生産コストなどの上昇分を農産物価格に適切に反映するための仕組み作りを国が進めています。どんな課題があるのでしょうか。
Q 仕組みはどうやって作っていくの?
A 国は、生産から消費までの関係者が一堂に会する協議会を昨年8月に設け、検討を続けています。政府が今国会に提出した食料・農業・農村基本法の改正案では、食料の価格形成で「持続的な供給に要する合理的な費用」を考慮するとしました。消費者に届くまでの流れが簡素であればどこでどんな費用がかかっているか分かりやすいので、まずは牛乳と豆腐・納豆で仕組み作りを進めています。
実際のコストを明らかにするための調査を今後予定しています。品目ごとに製造や小売りといった各段階での取引価格などのデータを集めます。値上げなどの交渉の際に参照できる「コスト指標」の作成も検討するとしています。

Q 全部のコストを価格に乗せられるの?
A 単純にかかったコストを積み上げていけば、消費者が買いづらい価格となり、消費が減ってしまう懸念があります。消費者に値上げを理解してもらうことが前提となります。コストの開示はそのためにも必要ですが、企業秘密に当たるデータもあり、収集方法も課題の一つです。実効性のある制度とするため、関係者でどう折り合いを付けていくかが課題となっています。

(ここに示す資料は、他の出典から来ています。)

-- ===== src/Server/Session.antt =====
-- `handle_client` of chat-server/src/client_handler.rs, as the task that it is: what it holds
-- between two points at which other handlers may run, and a step from each such point to the next.
-- The handlers run on several threads and share the pool, so a step makes one call of it at most, and
-- takes it as the others have left it.
pub mod Chat
pub mod Joining
pub mod Vetting
pub mod Interleaving
use simple_chat_ddn.Common.{
  ℕ, zero, suc, Result, ok, err, map_err, List, [], ◌∷◌, replicate, Bool, true, false,
  if◌then◌else◌,
}
use simple_chat_ddn.Common.Text.{Text, Bytes, ascii}
use simple_chat_ddn.Core.Error.{ApplicationError, stream_io_error}
use simple_chat_ddn.Core.Bincode.{Codec}
use simple_chat_ddn.Core.Stream.{Reader, Writer}
use simple_chat_ddn.Core.Message.Client.{ClientMessage, join, leave, message}
use simple_chat_ddn.Core.Message.Server.{
  ServerMessage, SharedServerMessage, error, new_user_name_already_taken, new_user_joined,
  new_user_left, new_message, new,
}
use simple_chat_ddn.Core.MessageCache.{MessageCache}
use simple_chat_ddn.Core.Protocol.{encode_message}
use simple_chat_ddn.Core.Transport.{read_message_from_stream}
use simple_chat_ddn.Core.Utils.{validate_username}
use simple_chat_ddn.Server.Runtime.{Runtime}
use simple_chat_ddn.Server.Pool.{
  BroadcastPool, has, create_dispatcher, destroy_dispatcher, broadcast_message,
}

-- Before a name is accepted; with an accepted name, before the pool knows it; before its
-- `UserJoined`; in the chat; after the dispatcher of a `Leave` is destroyed, before its `UserLeft`;
-- before the last `destroy_dispatcher`; returned.
pub data Session (R W : Type 0) : Type 0 where
  joining : (reader : R) (writer : W) (buffer : Bytes) → Session R W
  registering : (reader : R) (writer : W) (buffer : Bytes) (username : Text) → Session R W
  announcing : (reader : R) (buffer : Bytes) (user : Text) → Session R W
  chatting : (reader : R) (buffer : Bytes) (user : Text) → Session R W
  leaving : (other user : Text) → Session R W
  finishing : (user : Text) → Session R W
  ended : Result ApplicationError (Unit {0}) → Session R W

-- `vec![0u8; 4096]`
unfoldable pub new_buffer : Bytes
new_buffer = replicate 4096 0

-- `stream.into_split()`, and the read buffer.
unfoldable pub accept : {R W : Type 0} → R → W → Session R W
accept reader writer = joining reader writer new_buffer

abbrev pub must_join : ServerMessage
must_join = error (ascii "You have to join the group before doing any other operation")

module _ {W : Type 0} ⦃w : Writer W⦄ ⦃c : Codec ServerMessage⦄ where
  write_reply : Result ApplicationError Bytes → W → Result ApplicationError (Unit {0}) × W
  write_reply (err e) writer = (err e, writer)
  write_reply (ok frame) writer =
      let (result, writer') = w.write_all frame writer in (map_err stream_io_error result, writer')

  -- `let frame = encode_message(&m)?; writer.write_all(&frame).await?`
  unfoldable pub reply : ServerMessage → W → Result ApplicationError (Unit {0}) × W
  unfolding write_reply
  reply m writer = write_reply (encode_message m) writer

module _ {R W : Type 0} where
  replied : R → Bytes → Result ApplicationError (Unit {0}) × W → Session R W
  replied reader buffer (ok _, writer) = joining reader writer buffer
  replied reader buffer (err e, writer) = ended (err e)

module _ {R W : Type 0} {rt : Runtime W} ⦃w : Writer W⦄ ⦃c : Codec ServerMessage⦄ where
  accepted :
      Result ApplicationError (Unit {0}) → R → W → Bytes → Text → BroadcastPool rt → Session R W
  unfolding replied
  accepted (err e) reader writer buffer un pool = ended (err e)
  accepted (ok _) reader writer buffer un pool =
      if has un pool
      then replied reader buffer (reply (new_user_name_already_taken un) writer)
      else registering reader writer buffer un

  -- A round of the first loop, on what was read.
  unfoldable pub join_with :
      Result ApplicationError ClientMessage → R → W → Bytes → BroadcastPool rt → Session R W
  unfolding accepted replied
  join_with (ok (join un)) reader writer buffer pool =
      accepted (validate_username un) reader writer buffer un pool
  join_with (ok (leave u)) reader writer buffer pool =
      replied reader buffer (reply must_join writer)
  join_with (ok (message u content)) reader writer buffer pool =
      replied reader buffer (reply must_join writer)
  join_with (err _) reader writer buffer pool = joining reader writer buffer

module _ {R W : Type 0} {rt : Runtime W} where
  -- `broadcast_pool.broadcast_message(msg).await?`, and what comes after it.
  unfoldable pub announced :
      (BroadcastPool rt → Session R W × BroadcastPool rt)
      → Result ApplicationError (Unit {0}) × BroadcastPool rt
      → Session R W × BroadcastPool rt
  announced next (ok _, pool) = next pool
  announced next (err e, pool) = (ended (err e), pool)

  -- After the first loop.
  unfoldable pub register :
      MessageCache → R → W → Bytes → Text → BroadcastPool rt → Session R W × BroadcastPool rt
  register cache reader writer buffer user pool =
      (announcing reader buffer user, create_dispatcher user writer cache pool)

  -- Before the second loop.
  unfoldable pub announce : R → Bytes → Text → BroadcastPool rt → Session R W × BroadcastPool rt
  unfolding announced
  announce reader buffer user pool =
      announced (λ p. (chatting reader buffer user, p))
        (broadcast_message (new (new_user_joined user)) pool)

  -- The end of a `Leave`.
  unfoldable pub announce_left : Text → Text → BroadcastPool rt → Session R W × BroadcastPool rt
  unfolding announced
  announce_left other user pool =
      announced (λ p. (finishing user, p)) (broadcast_message (new (new_user_left other)) pool)

  -- After the second loop.
  unfoldable pub left : Text → BroadcastPool rt → Session R W × BroadcastPool rt
  left user pool = (ended (ok tt), destroy_dispatcher user pool)

  -- A round of the second loop, on what was read. A message carries a name of its own.
  unfoldable pub chat_with :
      Result ApplicationError ClientMessage
      → R
      → Bytes
      → Text
      → BroadcastPool rt
      → Session R W × BroadcastPool rt
  unfolding announced left
  chat_with (ok (join _)) reader buffer user pool = (chatting reader buffer user, pool)
  chat_with (ok (leave other)) reader buffer user pool =
      (leaving other user, destroy_dispatcher other pool)
  chat_with (ok (message other content)) reader buffer user pool =
      announced (λ p. (chatting reader buffer user, p))
        (broadcast_message (new (new_message other content)) pool)
  chat_with (err _) reader buffer user pool = left user pool

module _ {R W : Type 0} {rt : Runtime W} ⦃r : Reader R⦄ ⦃w : Writer W⦄ ⦃cc : Codec ClientMessage⦄
    ⦃cs : Codec ServerMessage⦄ (cache : MessageCache) where
  unfoldable pub session_step : Session R W → BroadcastPool rt → Session R W × BroadcastPool rt
  session_step (joining reader writer buffer) pool =
      let (read, reader', buffer') = read_message_from_stream reader buffer in
      (join_with read reader' writer buffer' pool, pool)
  session_step (registering reader writer buffer user) pool =
      register cache reader writer buffer user pool
  session_step (chatting reader buffer user) pool =
      let (read, reader', buffer') = read_message_from_stream reader buffer in
      chat_with read reader' buffer' user pool
  session_step (announcing reader buffer user) pool = announce reader buffer user pool
  session_step (leaving other user) pool = announce_left other user pool
  session_step (finishing user) pool = left user pool
  session_step (ended result) pool = (ended result, pool)

  -- `handle_client` alone with the pool, for so many steps.
  unfoldable pub handle_client : ℕ → Session R W → BroadcastPool rt → Session R W × BroadcastPool rt
  unfolding session_step
  handle_client zero s pool = (s, pool)
  handle_client (suc n) s pool = let (s', pool') = session_step s pool in handle_client n s' pool'
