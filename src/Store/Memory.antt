-- ===== src/Store/Memory.antt =====
-- internal/store/backend_mem.go: the fallback in memory, with keys that expire.
pub mod View
use frigate_notifications.Prelude.{
  ℕ, suc, ◌+◌, Bool, true, false, not, ◌&&◌, Option, none, some, [], ◌∷◌, Text, Map, lookup, insert,
  delete, length, ltb, ◌==◌, if◌then◌else◌, Result, ok,
}
use frigate_notifications.Store.Interface.{Backend, Codec}

-- The time 0 is Go's zero time.
pub record Entry : Type 0 where
  pub val : Text
  pub expires : ℕ

abbrev pub Mem : Type 0
Mem = Map Entry

-- !e.expires.IsZero() && now.After(e.expires)
abbrev pub expired : ℕ → Entry → Bool
expired now e = not (e.expires == 0) && ltb e.expires now

abbrev live : Text → ℕ → Mem → Option Entry → Option Text × Mem
live key now m none = (none, m)
live key now m (some e) = if expired now e then (none, delete key m) else (some e.val, m)

-- An expired entry is dropped when it is read.
unfoldable pub get_locked : Text → ℕ → Mem → Option Text × Mem
get_locked key now m = live key now m (lookup key m)

drop_expired : ℕ → Mem → Mem
drop_expired now [] = []
drop_expired now ((k, e) ∷ m) =
    let rest = drop_expired now m in if expired now e then rest else (k, e) ∷ rest

unfoldable pub sweep_locked : ℕ → Mem → Mem
unfolding drop_expired
sweep_locked now m = if ltb (length m) 512 then m else drop_expired now m

unfoldable pub set_nx : Text → Text → ℕ → ℕ → Mem → Result Bool × Mem
unfolding get_locked sweep_locked
set_nx key val ttl now m =
    let (found, m') = get_locked key now m in
    elim found [
      | some _ ↦ (ok false, m')
      | none ↦
          (ok true, sweep_locked now (insert key (record { val = val; expires = now + ttl }) m'))
    ]

unfoldable pub get : Text → ℕ → Mem → Result (Option Text) × Mem
unfolding get_locked
get key now m = let (found, m') = get_locked key now m in (ok found, m')

unfoldable pub set : Text → Text → ℕ → ℕ → Mem → Result (Unit {0}) × Mem
set key val ttl now m = (ok tt, insert key (record { val = val; expires = now + ttl }) m)

unfoldable pub del : Text → ℕ → Mem → Result (Unit {0}) × Mem
del key now m = (ok tt, delete key m)

module _ (int : Codec ℕ) where
  abbrev pub stored_count : Option Text → ℕ
  stored_count none = 0
  stored_count (some v) = elim (int.decode v) [ none ↦ 0 | some n ↦ n ]

  unfoldable pub incr : Text → ℕ → ℕ → Mem → Result ℕ × Mem
  unfolding get_locked
  incr key ttl now m =
      let (found, m') = get_locked key now m in
      let n = suc (stored_count found) in
      (ok n, insert key (record { val = int.encode n; expires = now + ttl }) m')

  abbrev pub mem_backend : Backend Mem
  mem_backend = record { set_nx = set_nx; get = get; set = set; del = del; incr = incr }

Q 農家は苦しいのになんで価格は上がらないんだろう。
A 協議会では、農産物や食品の取引について①特売品として扱われるなど納入価格を低く抑えられやすい②価格交渉の時期が決まっており機動的に行えない③各段階での売り手側の立場が弱い──という大きく三つの課題があると整理しています。仕組み作りでは、これらの課題への対応策も検討します。
Q 皆が納得できるようにするのが難しいね。
A 協議会では、適正な価格形成の仕組みの必要性や、取引上の課題の認識などでは一致し、少しずつ合意形成が進んでいます。岸田文雄首相も国会審議で、食料の価格形成で「法制化も視野に検討していく」と表明しています。一方で、具体的な仕組みや取りまとめなどの時期は依然として見えず、時間がかかりそうです。